- Born: 14 August 1909 Port Moresby, Territory of Papua
- Died: 14 May 1985 (aged 75) St Leonards, New South Wales, Australia
- Other name: Elsie McCarthy
- Education: University of Sydney
- Spouse: Fred McCarthy
- Scientific career
- Workplaces: Australian Museum

= Elsie Bramell =

Australian anthropologist (1909–1985)

Elsie Bramell (14 August 1909 – 14 May 1985) was an Australian anthropologist. She was the first person with a university degree and the first woman to be employed by the Australian Museum in its Anthropology Department. She and her husband, Fred McCarthy, were early advocates for the protection of Indigenous sites.

== Early life and education ==
Bramell was born on 14 August 1909 in Port Moresby, Territory of Papua. Her parents were Ada Blanch (née Skelly, later Bensted) who died in 1970 and Bertram William Bramell, a British public servant who became Commissioner of Native Affairs in New Guinea and later retired to Sydney where he died in 1938.

Bramell was sent to Mount St Mary's Dominican Convent in Moss Vale, for her primary education, before completing her secondary schooling at St George Girls' High School in Sydney, where she was school captain in 1927.

She next attended the University of Sydney where she was joint winner of the Frank Albert Prize in 1930 for her distinction in Anthropology I. She completed a BA in 1931 and a DipEd the following year. She subsequently graduated with a MA in 1935.

== Career ==
Bramell presented a paper on "Government and Justice in New Guinea" to the anthropology stream of the Science Congress held in Sydney in August 1932.
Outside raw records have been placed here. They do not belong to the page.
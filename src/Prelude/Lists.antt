-- ===== src/Prelude/Lists.antt =====
-- Lists measured and indexed by native numbers, under the library's names.
use Prim.Native.Nat.{ℕ, zero, suc, ◌+◌, ◌-◌, ◌≤◌, min}
use mathlib.Core.Path.{◌≡◌, refl, ap, subst, ◌∙◌}
use mathlib.Core.List.{List, [], ◌∷◌, ◌++◌}
use mathlib.Core.Logic.{◌⊎◌, inl, inr}
use mathlib.Core.Option.{Option, none, some}
use native.Mathlib.Omega.{arith}
use native.Mathlib.Nat.{add-zero, add-suc}

module _ {ℓ} {A : Type ℓ} where
  abbrev pub length : List A → ℕ
  length [] = 0
  length (x ∷ xs) = suc (length xs)

  abbrev pub take : ℕ → List A → List A
  take zero xs = []
  take (suc n) [] = []
  take (suc n) (x ∷ xs) = x ∷ take n xs

  abbrev pub drop : ℕ → List A → List A
  drop zero xs = xs
  drop (suc n) [] = []
  drop (suc n) (x ∷ xs) = drop n xs

  abbrev pub get_elem? : List A → ℕ → Option A
  get_elem? [] i = none
  get_elem? (x ∷ xs) zero = some x
  get_elem? (x ∷ xs) (suc i) = get_elem? xs i

  -- A property of every element, by recursion.
  abbrev pub All {κ} : (A → Type κ) → List A → Type κ
  All P [] = Unit
  All P (x ∷ xs) = P x × All P xs

  pub List-cases : (xs : List A) → (xs ≡ []) ⊎ ((y : A) × (ys : List A) × (xs ≡ y ∷ ys))
  List-cases [] = inl refl
  List-cases (y ∷ ys) = inr (y, ys, refl)

  pub length-append : (xs ys : List A) → length (xs ++ ys) ≡ length xs + length ys
  length-append [] ys = omega arith
  length-append (x ∷ xs) ys = omega (arith, length-append xs ys)

  pub take-append-drop : (n : ℕ) (xs : List A) → take n xs ++ drop n xs ≡ xs
  take-append-drop zero xs = refl
  take-append-drop (suc n) [] = refl
  take-append-drop (suc n) (x ∷ xs) = ap (◌∷◌ x) (take-append-drop n xs)

  pub length-take : (n : ℕ) (xs : List A) → length (take n xs) ≡ min n (length xs)
  length-take zero xs = omega arith
  length-take (suc n) [] = omega arith
  length-take (suc n) (x ∷ xs) = omega (arith, length-take n xs)

  pub length-drop : (n : ℕ) (xs : List A) → length (drop n xs) ≡ length xs - n
  length-drop zero xs = omega arith
  length-drop (suc n) [] = omega arith
  length-drop (suc n) (x ∷ xs) = omega (arith, length-drop n xs)

  pub take-length-append : (xs ys : List A) → take (length xs) (xs ++ ys) ≡ xs
  take-length-append [] ys = refl
  take-length-append (x ∷ xs) ys = ap (◌∷◌ x) (take-length-append xs ys)

  pub drop-length-append : (xs ys : List A) → drop (length xs) (xs ++ ys) ≡ ys
  drop-length-append [] ys = refl
  drop-length-append (x ∷ xs) ys = drop-length-append xs ys

  pub All-map {κ} : (P Q : A → Type κ) (xs : List A) → ((x : A) → P x → Q x) → All P xs → All Q xs
  All-map P Q [] g p = tt
  All-map P Q (x ∷ xs) g (p, ps) = (g x p, All-map P Q xs g ps)

  pub All-append {κ} : (P : A → Type κ) (xs ys : List A) → All P xs → All P ys → All P (xs ++ ys)
  All-append P [] ys p q = q
  All-append P (x ∷ xs) ys (p, ps) q = (p, All-append P xs ys ps q)

  pub All-split {κ} : (P : A → Type κ) (xs ys : List A) → All P (xs ++ ys) → All P xs × All P ys
  All-split P [] ys p = (tt, p)
  All-split P (x ∷ xs) ys (p, ps) = let (q, r) = All-split P xs ys ps in ((p, q), r)

  pub All-drop {κ} : (P : A → Type κ) (n : ℕ) (xs : List A) → All P xs → All P (drop n xs)
  All-drop P zero xs p = p
  All-drop P (suc n) [] p = tt
  All-drop P (suc n) (x ∷ xs) (p, ps) = All-drop P n xs ps

-- A `deque(maxlen=window)`: appending on the right drops from the left.
module _ {ℓ} {A : Type ℓ} where
  -- the last `n` elements
  abbrev pub take_last : ℕ → List A → List A
  take_last n xs = drop (length xs - n) xs

  abbrev pub push_bounded : ℕ → List A → A → List A
  push_bounded window xs x = take_last window (xs ++ (x ∷ []))

  pub length-take_last : (n : ℕ) (xs : List A) → length (take_last n xs) ≡ min n (length xs)
  length-take_last n xs = omega (arith, length-drop (length xs - n) xs)

  -- a list of at most `n` is its own last `n`
  pub take_last_whole : (n : ℕ) (xs : List A) → length xs ≤ n → take_last n xs ≡ xs
  take_last_whole n xs h =
      let none_cut : length xs - n ≡ 0 = omega arith in ap (λ k. drop k xs) none_cut

  pub take_last-append : (xs ys : List A) → take_last (length ys) (xs ++ ys) ≡ ys
  take_last-append xs ys =
      let front : length (xs ++ ys) - length ys ≡ length xs = omega (arith, length-append xs ys) in
      ap (λ k. drop k (xs ++ ys)) front ∙ drop-length-append xs ys

  pub length-push_bounded :
      (window : ℕ) (xs : List A) (x : A)
      → length (push_bounded window xs x) ≡ min window (suc (length xs))
  length-push_bounded window xs x =
      omega (arith, length-take_last window (xs ++ (x ∷ [])), length-append xs (x ∷ []))

-- The last `k` of a list all satisfy `P`; one more good element at the right keeps that.
module _ {ℓ κ} {A : Type ℓ} (P : A → Type κ) where
  drop-append : (n : ℕ) (xs ys : List A) → All P (drop n xs) → All P ys → All P (drop n (xs ++ ys))
  drop-append zero xs ys p q = All-append P xs ys p q
  drop-append (suc n) [] ys p q = All-drop P (suc n) ys q
  drop-append (suc n) (x ∷ xs) ys p q = drop-append n xs ys p q

  drop-drop : (n m : ℕ) (xs : List A) → All P (drop (n + m) xs) → All P (drop n (drop m xs))
  drop-drop n zero xs p = All_eq (add-zero n) p
    where
      All_eq : {k : ℕ} → n + 0 ≡ k → All P (drop (n + 0) xs) → All P (drop k xs)
      All_eq e q = subst (λ j. All P (drop j xs)) e q
  drop-drop n (suc m) [] p = All-drop P n [] tt
  drop-drop n (suc m) (x ∷ xs) p =
      drop-drop n m xs (subst (λ j. All P (drop j (x ∷ xs))) (add-suc n m) p)

  drop_more : (n m : ℕ) (xs : List A) → n ≤ m → All P (drop n xs) → All P (drop m xs)
  drop_more zero m xs h p = All-drop P m xs p
  drop_more (suc n) zero xs h p = absurd (omega arith)
  drop_more (suc n) (suc m) [] h p = tt
  drop_more (suc n) (suc m) (x ∷ xs) h p = drop_more n m xs (omega arith) p

  pub All-take_last-push :
      (k window : ℕ) (xs : List A) (x : A)
      → All P (take_last k xs)
      → P x
      → All P (take_last (suc k) (push_bounded window xs x))
  All-take_last-push k window xs x p q =
      let ys = xs ++ (x ∷ []) in
      let len = length-append xs (x ∷ []) in
      let m = length ys - window in
      let n = length (drop m ys) - suc k in
      drop-drop n m ys (
        drop_more (length xs - k) (n + m) ys (omega (arith, length-drop m ys))
          (drop-append (length xs - k) xs (x ∷ []) p (q, tt)))

module _ {A : Type 0} where
  abbrev pub Among : A → List A → Type 0
  Among a [] = ⊥
  Among a (x ∷ xs) = (a ≡ x) ⊎ Among a xs

  -- Every entry of a list is among its entries.
  pub All-Among : (xs : List A) → All (λ x. Among x xs) xs
  All-Among [] = tt
  All-Among (x ∷ xs) =
      (inl refl, All-map (λ y. Among y xs) (λ y. Among y (x ∷ xs)) xs (λ y h. inr h) (All-Among xs))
When she began work at the Australian Museum in February 1933 she was the first person with a university degree and first woman to be employed in a scientific role within its Anthropology Department. Her colleague, Fred McCarthy, was less qualified in anthropology, completing a diploma when she was working on her master's degree in 1935. Together they were responsible for the curation of exhibitions, cataloguing materials including stone tools. They also made field trips to conduct surveys of rock carvings.

Bramell married McCarthy on 28 March 1941 at St John's Church of England in Darlinghurst, at which time she was forced to resign from the Museum due to Public Service Board requirements at the time forbidding married women's employment in the Public Service.

In 1946 the Australian Museum published The Stone Implements of Australia, written by her husband Frederick "Assisted by Elsie Bramell, MA, DipEd and H. V. V. Noone".

She joined the Anthropological Society of New South Wales in 1935 and served on the Editorial Committee for its journal, Mankind, from 1940 to 1946.

== Death and legacy ==
Bramell died on 14 May 1985 in St Leonards, Sydney. She was survived by her husband and three children.

A laboratory, the Elsie Bramell Room, at the Northern Territory University in Darwin, was named in her honour.